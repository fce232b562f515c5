-- ===== src/Zk/Tests.antt =====
-- The shielded pool on small inputs.
use zeno_final_code.Common.{
  ℕ, ◌≡◌, refl, true, false, not, ◌&&◌, List, [], ◌∷◌, ◌++◌, length, arith, if◌then◌else◌,
  replicate, any, ◌==◌,
}
use zeno_final_code.Common.Results.{ok, err}
use zeno_final_code.TreeMap
use zeno_final_code.TreeMap.{compare_pair}
use zeno_final_code.Hash.{Hash32, bytes_eq, zero_hash}
use zeno_final_code.Hash.Tests.{toy_digests}
use zeno_final_code.Hash.Merkle.{AreDigests}
use zeno_final_code.Zk.Tree.{length-collect_siblings}
use zeno_final_code.Zk.{
  nullifier_already_spent, CommitmentMerkleProof, CommitmentTree, new_tree, root, insert, prove,
  verify_commitment_proof, node_at, update_path, collect_siblings, climb, empty_hash,
  tree_node_hash,
}
use zeno_final_code.Zk.Pool.{UnshieldRequest, ShieldedPool, new_pool, is_spent, shield, unshield}
use zeno_final_code.Zk.Completeness.{insert_all, prove-verify_commitment_proof}
use zeno_final_code.Zk.DoubleSpend.{unshielding, serve-IsRefused, unshield-unshield}
use zeno_final_code.Zk.Precompile.{calldata, zk_verify_precompile, zk_verify_precompile_lem}

abbrev leaf : ℕ → Hash32
leaf a = replicate 32 a

abbrev two_leaves : CommitmentTree
two_leaves = insert_all toy_digests (leaf 1 ∷ leaf 2 ∷ []) new_tree

prove-verify_commitment_proof_example :
    (p : CommitmentMerkleProof) × (prove toy_digests 1 two_leaves ≡ ok p)
    × (p.commitment ≡ leaf 2)
    × (p.index ≡ 1)
    × (verify_commitment_proof toy_digests p (root toy_digests two_leaves) ≡ true)
prove-verify_commitment_proof_example =
    prove-verify_commitment_proof toy_digests (leaf 1 ∷ leaf 2 ∷ []) 1 (leaf 2) (omega arith) refl

abbrev one_note : ShieldedPool
one_note = (shield toy_digests (record { value = 5; commitment = leaf 1 }) new_pool).1

-- The proof of the first leaf: its siblings are the roots of empty trees.
abbrev first_proof : CommitmentMerkleProof
first_proof = record {
  commitment = leaf 1;
  index = 0;
  siblings = collect_siblings toy_digests 32 0 one_note.tree.nodes;
}

abbrev withdrawal : ℕ → ℕ → UnshieldRequest
withdrawal n value = record {
  nullifier = leaf n;
  merkle_proof = first_proof;
  merkle_root = root toy_digests one_note.tree;
  value = value;
  recipient = 7;
}

first_withdrawal : (unshield toy_digests (withdrawal 9 5) one_note).0 ≡ ok tt
unfolding unshield shield insert root node_at update_path collect_siblings verify_commitment_proof
    climb empty_hash tree_node_hash TreeMap.get TreeMap.insert
first_withdrawal = refl

root_digest : length (root toy_digests one_note.tree) ≡ 32
unfolding shield insert root node_at update_path collect_siblings verify_commitment_proof climb
    empty_hash tree_node_hash TreeMap.get TreeMap.insert
root_digest = refl

serve-IsRefused_example :
    unshield toy_digests (withdrawal 9 5) (unshield toy_digests (withdrawal 9 5) one_note).1
    ≡ (err nullifier_already_spent, (unshield toy_digests (withdrawal 9 5) one_note).1)
serve-IsRefused_example =
    serve-IsRefused toy_digests (leaf 9) (unshielding (withdrawal 9 5)) []
      (unshielding (withdrawal 9 5)) one_note (refl, first_withdrawal) refl

fresh : is_spent (leaf 10) (unshield toy_digests (withdrawal 9 5) one_note).1 ≡ false
unfolding unshield shield insert root node_at update_path collect_siblings verify_commitment_proof
    climb empty_hash tree_node_hash TreeMap.get TreeMap.insert
fresh = refl

-- One note of five, withdrawn a second time as a thousand.
unshield-unshield_example :
    (unshield toy_digests (withdrawal 10 1000) (unshield toy_digests (withdrawal 9 5) one_note).1).0
    ≡ ok tt
unshield-unshield_example =
    unshield-unshield toy_digests (withdrawal 9 5) (withdrawal 10 1000) one_note first_withdrawal
      refl refl fresh

first_accepted :
    verify_commitment_proof toy_digests first_proof (root toy_digests one_note.tree) ≡ true
unfolding shield insert root node_at update_path collect_siblings verify_commitment_proof climb
    empty_hash tree_node_hash TreeMap.get TreeMap.insert
first_accepted = refl

AreDigests-test : (xs : List Hash32) → any (λ x. not (length x == 32)) xs ≡ false → AreDigests xs
AreDigests-test [] h = tt
AreDigests-test (x ∷ xs) h = (ground arith, AreDigests-test xs (ground arith))

first_digests : AreDigests (first_proof.commitment ∷ first_proof.siblings)
unfolding shield insert root node_at update_path collect_siblings verify_commitment_proof climb
    empty_hash tree_node_hash TreeMap.get TreeMap.insert
first_digests = AreDigests-test (first_proof.commitment ∷ first_proof.siblings) refl

zk_verify_precompile_lem_example :
    zk_verify_precompile toy_digests
      (calldata (leaf 9) (root toy_digests one_note.tree) (leaf 4) 5 first_proof [])
    ≡ replicate 31 0
      ++ ((if verify_commitment_proof toy_digests first_proof (root toy_digests one_note.tree)
              && (not (bytes_eq (leaf 4) zero_hash) && not (bytes_eq (leaf 9) zero_hash))
            then 1
            else 0)
          ∷ [])
zk_verify_precompile_lem_example =
    zk_verify_precompile_lem toy_digests (leaf 9) (root toy_digests one_note.tree) (leaf 4) 5
      first_proof [] (refl, (root_digest, (refl, first_digests)))
      (length-collect_siblings toy_digests 32 0 one_note.tree.nodes) (omega arith)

__________

## EXERCISE BRIEF
Bring together all lines of the entries above in which the string "else" occurs.

## RESPONSE AREA
  ℕ, ◌≡◌, refl, true, false, not, ◌&&◌, List, [], ◌∷◌, ◌++◌, length, arith, if◌then◌else◌,
            else 0)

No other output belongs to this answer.